Top of Records for this task

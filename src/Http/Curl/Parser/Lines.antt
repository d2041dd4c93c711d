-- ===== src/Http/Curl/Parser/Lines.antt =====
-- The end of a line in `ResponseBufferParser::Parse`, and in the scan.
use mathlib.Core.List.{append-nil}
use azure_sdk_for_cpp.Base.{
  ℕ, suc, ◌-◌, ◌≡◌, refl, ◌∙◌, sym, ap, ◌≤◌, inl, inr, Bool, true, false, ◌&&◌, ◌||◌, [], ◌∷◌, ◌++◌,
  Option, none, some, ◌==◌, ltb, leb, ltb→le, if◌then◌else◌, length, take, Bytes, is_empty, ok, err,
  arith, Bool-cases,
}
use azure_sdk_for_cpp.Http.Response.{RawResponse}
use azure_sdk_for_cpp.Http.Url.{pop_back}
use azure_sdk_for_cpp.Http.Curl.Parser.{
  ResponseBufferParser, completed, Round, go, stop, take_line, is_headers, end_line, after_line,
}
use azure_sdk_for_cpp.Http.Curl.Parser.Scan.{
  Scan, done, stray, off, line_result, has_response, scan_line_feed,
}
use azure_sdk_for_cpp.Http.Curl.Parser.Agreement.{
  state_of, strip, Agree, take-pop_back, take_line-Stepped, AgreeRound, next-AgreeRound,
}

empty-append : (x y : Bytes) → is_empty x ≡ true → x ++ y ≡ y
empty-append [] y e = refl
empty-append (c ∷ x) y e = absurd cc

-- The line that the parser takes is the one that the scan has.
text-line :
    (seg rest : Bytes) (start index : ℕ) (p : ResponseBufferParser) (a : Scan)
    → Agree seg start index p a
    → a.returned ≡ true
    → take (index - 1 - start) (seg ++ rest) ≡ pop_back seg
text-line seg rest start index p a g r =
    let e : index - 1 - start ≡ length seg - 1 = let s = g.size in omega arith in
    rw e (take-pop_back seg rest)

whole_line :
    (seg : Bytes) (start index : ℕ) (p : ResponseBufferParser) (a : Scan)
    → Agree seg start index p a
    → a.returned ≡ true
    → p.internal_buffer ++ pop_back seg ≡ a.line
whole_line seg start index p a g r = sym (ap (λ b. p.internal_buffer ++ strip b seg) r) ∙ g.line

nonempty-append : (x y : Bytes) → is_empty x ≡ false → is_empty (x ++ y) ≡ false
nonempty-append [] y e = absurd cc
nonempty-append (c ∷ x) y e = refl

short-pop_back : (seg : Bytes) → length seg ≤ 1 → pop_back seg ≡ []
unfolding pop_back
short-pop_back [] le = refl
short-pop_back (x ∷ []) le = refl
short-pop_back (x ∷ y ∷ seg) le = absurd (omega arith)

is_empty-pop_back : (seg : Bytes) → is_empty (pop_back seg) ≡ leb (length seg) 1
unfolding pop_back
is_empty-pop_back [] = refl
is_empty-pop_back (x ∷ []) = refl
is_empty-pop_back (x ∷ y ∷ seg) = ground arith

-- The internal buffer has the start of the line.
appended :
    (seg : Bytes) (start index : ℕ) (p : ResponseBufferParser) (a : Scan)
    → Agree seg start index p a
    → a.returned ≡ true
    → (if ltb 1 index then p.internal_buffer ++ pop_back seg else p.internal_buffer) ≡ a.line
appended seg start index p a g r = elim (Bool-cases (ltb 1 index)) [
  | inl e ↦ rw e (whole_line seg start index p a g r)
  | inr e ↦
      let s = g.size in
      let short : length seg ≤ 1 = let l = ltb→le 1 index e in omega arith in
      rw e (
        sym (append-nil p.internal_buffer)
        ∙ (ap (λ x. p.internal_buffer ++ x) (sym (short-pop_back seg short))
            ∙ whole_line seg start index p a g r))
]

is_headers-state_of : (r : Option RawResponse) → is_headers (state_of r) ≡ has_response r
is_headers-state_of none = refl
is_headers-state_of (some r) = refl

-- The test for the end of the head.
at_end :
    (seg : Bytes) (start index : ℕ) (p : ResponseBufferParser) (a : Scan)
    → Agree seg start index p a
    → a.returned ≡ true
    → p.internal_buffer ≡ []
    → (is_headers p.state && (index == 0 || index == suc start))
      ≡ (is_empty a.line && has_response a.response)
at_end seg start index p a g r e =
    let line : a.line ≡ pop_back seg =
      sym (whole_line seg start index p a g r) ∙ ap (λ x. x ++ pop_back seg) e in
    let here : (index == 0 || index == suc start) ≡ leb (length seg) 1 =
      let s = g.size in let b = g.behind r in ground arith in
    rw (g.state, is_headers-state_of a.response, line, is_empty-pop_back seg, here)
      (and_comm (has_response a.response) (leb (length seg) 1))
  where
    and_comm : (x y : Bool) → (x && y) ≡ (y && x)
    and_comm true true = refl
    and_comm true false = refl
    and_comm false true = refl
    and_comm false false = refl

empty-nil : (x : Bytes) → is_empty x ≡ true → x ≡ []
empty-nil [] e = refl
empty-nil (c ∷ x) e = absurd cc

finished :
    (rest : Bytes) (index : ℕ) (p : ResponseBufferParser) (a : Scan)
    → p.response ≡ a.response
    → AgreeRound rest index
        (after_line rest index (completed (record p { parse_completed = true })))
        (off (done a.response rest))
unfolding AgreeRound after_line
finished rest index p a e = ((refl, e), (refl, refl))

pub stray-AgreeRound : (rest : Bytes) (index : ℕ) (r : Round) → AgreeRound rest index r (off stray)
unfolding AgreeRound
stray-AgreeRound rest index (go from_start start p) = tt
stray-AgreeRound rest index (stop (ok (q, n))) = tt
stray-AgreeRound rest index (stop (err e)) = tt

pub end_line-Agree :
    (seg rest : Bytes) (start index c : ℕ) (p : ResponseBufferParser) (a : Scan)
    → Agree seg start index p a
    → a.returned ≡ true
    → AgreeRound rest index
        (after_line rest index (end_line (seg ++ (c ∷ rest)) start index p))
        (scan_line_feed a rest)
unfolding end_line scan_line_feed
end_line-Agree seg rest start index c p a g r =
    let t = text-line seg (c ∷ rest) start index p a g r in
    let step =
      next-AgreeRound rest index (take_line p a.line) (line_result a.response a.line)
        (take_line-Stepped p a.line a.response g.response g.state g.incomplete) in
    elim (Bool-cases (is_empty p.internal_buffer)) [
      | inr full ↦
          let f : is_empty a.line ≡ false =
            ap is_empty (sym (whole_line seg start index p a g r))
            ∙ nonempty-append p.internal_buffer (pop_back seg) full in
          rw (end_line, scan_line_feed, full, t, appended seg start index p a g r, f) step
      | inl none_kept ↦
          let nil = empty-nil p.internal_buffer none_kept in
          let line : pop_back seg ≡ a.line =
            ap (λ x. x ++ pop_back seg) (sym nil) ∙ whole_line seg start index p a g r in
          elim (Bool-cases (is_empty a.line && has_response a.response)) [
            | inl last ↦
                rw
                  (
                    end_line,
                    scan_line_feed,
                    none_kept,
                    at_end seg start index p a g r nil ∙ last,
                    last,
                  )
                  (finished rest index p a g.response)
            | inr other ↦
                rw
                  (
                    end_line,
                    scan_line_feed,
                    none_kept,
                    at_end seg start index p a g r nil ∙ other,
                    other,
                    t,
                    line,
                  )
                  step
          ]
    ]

Bottom of Records for this task

◆ Exercise goal
What you return should be exactly the lines above, starting at the one with "p.internal_buffer) ≡ a.line" and ending at the one with "is_headers-state_of none = refl", and nothing else.

◆ Task solution
    → (if ltb 1 index then p.internal_buffer ++ pop_back seg else p.internal_buffer) ≡ a.line
appended seg start index p a g r = elim (Bool-cases (ltb 1 index)) [
  | inl e ↦ rw e (whole_line seg start index p a g r)
  | inr e ↦
      let s = g.size in
      let short : length seg ≤ 1 = let l = ltb→le 1 index e in omega arith in
      rw e (
        sym (append-nil p.internal_buffer)
        ∙ (ap (λ x. p.internal_buffer ++ x) (sym (short-pop_back seg short))
            ∙ whole_line seg start index p a g r))
]

is_headers-state_of : (r : Option RawResponse) → is_headers (state_of r) ≡ has_response r
is_headers-state_of none = refl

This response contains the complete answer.